- Vodafone Technology Director sees creative collaboration and an emphasis on core connectivity as crucial to building a role in digital services ecosystem, with IoT a key example of the opportunity.
- BT Enterprise CTIO highlights the way digital services demand is both accelerating and evolving in response to pandemic.
Tanja Richter, Technology Director, Consumer Products and Services at Vodafone, said the operator is already well on its way to becoming a digital service provider, but conceded that the telecoms industry still has yet to really figure out which digital services will be successful in future or its place in the new ecosystem.
Speaking as part of the Digital Services Markets and Business Models panel during the DSP Leaders World Forum 2020, Richter reflected that during the 3G and 4G technology cycles, the industry spent much of its time trying to work out what the killer application might be. With 5G, though, the focus is more on partnerships and co‑creation with other companies to “see what they come up with”.

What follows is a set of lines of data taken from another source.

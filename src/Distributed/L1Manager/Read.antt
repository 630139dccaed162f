-- ===== src/Distributed/L1Manager/Read.antt =====
-- `reserve_read`, `unsafe_read` and `finish_read` of L1Manager.
use serverless_lmcache.Common.{
  ℕ, not, ◌&&◌, if◌then◌else◌, Option, none, some, List, [], ◌∷◌, ◌++◌, for_each,
}
use serverless_lmcache.Common.Dict.{Dict, get, insert, erase}
use serverless_lmcache.Distributed.Error.{
  L1Error, success, key_not_exist, key_not_readable, key_in_wrong_state,
}
use serverless_lmcache.Distributed.TtlLock.{is_locked, lock, unlock}
use serverless_lmcache.Distributed.MemoryManager.{Allocator, free}
use serverless_lmcache.Distributed.L1Manager.{
  L1ObjectState, available_for_read, L1Manager, Listener, keys_reserved_read, keys_read_finished,
  keys_deleted_by_manager, Loop, L1OperationResult, start, refuse, accept, notify_all,
}

module _ {K M : Type 0} (dec : Discrete K) (now : ℕ) where
  unfoldable pub reserve_read_key :
      K → Loop K M (L1OperationResult M) → Loop K M (L1OperationResult M)
  reserve_read_key key s = elim (get dec key s.objects) [
    | none ↦ refuse dec key (key_not_exist, none) s
    | some e ↦
        if not (available_for_read now e)
        then refuse dec key (key_not_readable, none) s
        else accept dec key (record e { read_lock = lock now e.read_lock })
            (success, some e.memory_obj) s
  ]

  unfoldable pub unsafe_read_key :
      Dict K (L1ObjectState M) → K → Dict K (L1OperationResult M) → Dict K (L1OperationResult M)
  unsafe_read_key objects key ret = elim (get dec key objects) [
    | none ↦ insert dec key (key_not_exist, none) ret
    | some e ↦
        if not (is_locked now e.read_lock)
        then insert dec key (key_not_readable, none) ret
        else insert dec key (success, some e.memory_obj) ret
  ]

  -- The reader leaves; the last reader of a temporary object takes it out of the cache.
  unfoldable pub leave_key : K → L1ObjectState M → Loop K M L1Error → Loop K M L1Error
  leave_key key e s =
      let read_lock' = unlock e.read_lock in
      let s' = accept dec key (record e { read_lock = read_lock' }) success s in
      if e.is_temporary && not (is_locked now read_lock')
      then record s' {
        objects = erase dec key s'.objects;
        need_to_free = s.need_to_free ++ (e.memory_obj ∷ []);
        need_to_free_keys = s.need_to_free_keys ++ (key ∷ []);
      }
      else s'

  unfoldable pub finish_read_key : K → Loop K M L1Error → Loop K M L1Error
  finish_read_key key s = elim (get dec key s.objects) [
    | none ↦ refuse dec key key_not_exist s
    | some e ↦
        if is_locked now e.write_lock
        then refuse dec key key_in_wrong_state s
        else if not (is_locked now e.read_lock)
        then refuse dec key key_in_wrong_state s
        else leave_key key e s
  ]

module _ {K : Type 0} (dec : Discrete K) (a : Allocator) (lis : Listener K) (now : ℕ) where
  unfoldable pub reserve_read :
      List K
      → L1Manager K a.MemoryObj a.Heap lis.State
      → L1Manager K a.MemoryObj a.Heap lis.State × Dict K (L1OperationResult a.MemoryObj)
  reserve_read ks m =
      let s = for_each (reserve_read_key dec now) ks (start m.objects) in
      (
        notify_all lis (keys_reserved_read s.successful_keys ∷ [])
            (record m { objects = s.objects }),
        s.ret,
      )

  unfoldable pub unsafe_read :
      List K → L1Manager K a.MemoryObj a.Heap lis.State → Dict K (L1OperationResult a.MemoryObj)
  unsafe_read ks m = for_each (unsafe_read_key dec now m.objects) ks []

  unfoldable pub finish_read :
      List K
      → L1Manager K a.MemoryObj a.Heap lis.State
      → Option (L1Manager K a.MemoryObj a.Heap lis.State × Dict K L1Error)
  finish_read ks m =
      let s = for_each (finish_read_key dec now) ks (start m.objects) in
      elim (free a s.need_to_free m.heap) [
        | none ↦ none
        | some h ↦ some (
          notify_all lis
              (keys_read_finished s.successful_keys
                ∷ keys_deleted_by_manager s.need_to_free_keys
                ∷ [])
              (record m { objects = s.objects; heap = h }),
          s.ret,
        )
      ]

This creative and collaborative approach will entail hits as well as misses according to the Vodafone exec, who said that “we have to experiment… we have to allow ourselves to fail”.
Identifying the digital “sweet spot”
Richter was speaking alongside John Vickery, Chief Technology and Information Officer at BT Enterprise, and Andrew Coward, Chief Executive of vendor Lumina Networks. Collectively, the executives wrestled with how operators can justify their position in the digital services ecosystem alongside over‑the‑top (OTT) providers, hyperscalers, and others.
Richter acknowledged telecoms operators’ difficulties in competing with OTT players, but identified a “sweet spot” based on combining core connectivity offerings with additional service layers. “For me a very good example is IoT”, she said.
BT’s Vickery naturally agreed on the essential role of connectivity, describing it as “linked intrinsically to every type of digital service you can imagine at the moment”. Both Vickery and Richter pointed to the spikes in demand for digital and streaming services, from enterprises and consumers, during the COVID‑19 pandemic. Vickery also highlighted a big shift towards mobilising front‑line and task‑based workers, as opposed to the historical focus on knowledge- and desk-based employees.
“ When you think about where telcos fit into the ecosystem, connectivity is just becoming more and more important. Distance working, remote working, these are the hot applications people are looking for. ”
Take your partners
Vickery and Richter also agreed that partnerships will be a key requirement — along with the combination of networks and application layers — for the creation of successful digital services. Vickery declared it would be “naïve” for operators to think they could usurp the role of the IT world’s hyperscalers at one end of the spectrum, and new developers at the other. Instead, coordination and orchestration can provide a way forward.
“ The combined power of our network, our connectivity, the ability to orchestrate managed services, and combining that into propositions, means that there’s an opportunity to create a digital services platform that’s rich with value for our customers. So one of the benefits we’ve got is bringing everything together and almost orchestrating that ecosystem for these customers. ”
The strength of automated infrastructure to determine telco winners
As the vendor representative on the panel, Coward highlighted some key requirements for networks if telcos are to succeed. From the perspective of a SD‑WAN‑focused vendor, greater levels of automation and the adoption of open source, software‑defined network platforms will be at the heart of differentiation.
“ Ultimately, for all these great new services and platforms we’re talking about, customers will select them based on the performance of the network and essentially who has that best network, and really that’s the fight that’s going on between the telcos. ”
Vickery appeared more cautious on automation, describing it as a capability that could only be effectively implemented once an operator was confident about what it wanted to deliver.
“ When you’re exploring new opportunities and you’re working with customers, it’s about co‑creation, it’s about agility, so sometimes you’re not going to want to build that level of automation, you’re just going to want to get something together, a minimum viable product that you can get out there and demonstrate the value of that application to that customer. ”
Richter agreed that it is important to “start small” with a minimum viable product, but claimed that Vodafone always tries to build in scale and automation from the beginning. And while talking up the benefits of partnership, Richter also suggested that operators should focus less on integrating with other players and more on building service platforms themselves, in order to better differentiate their product offerings.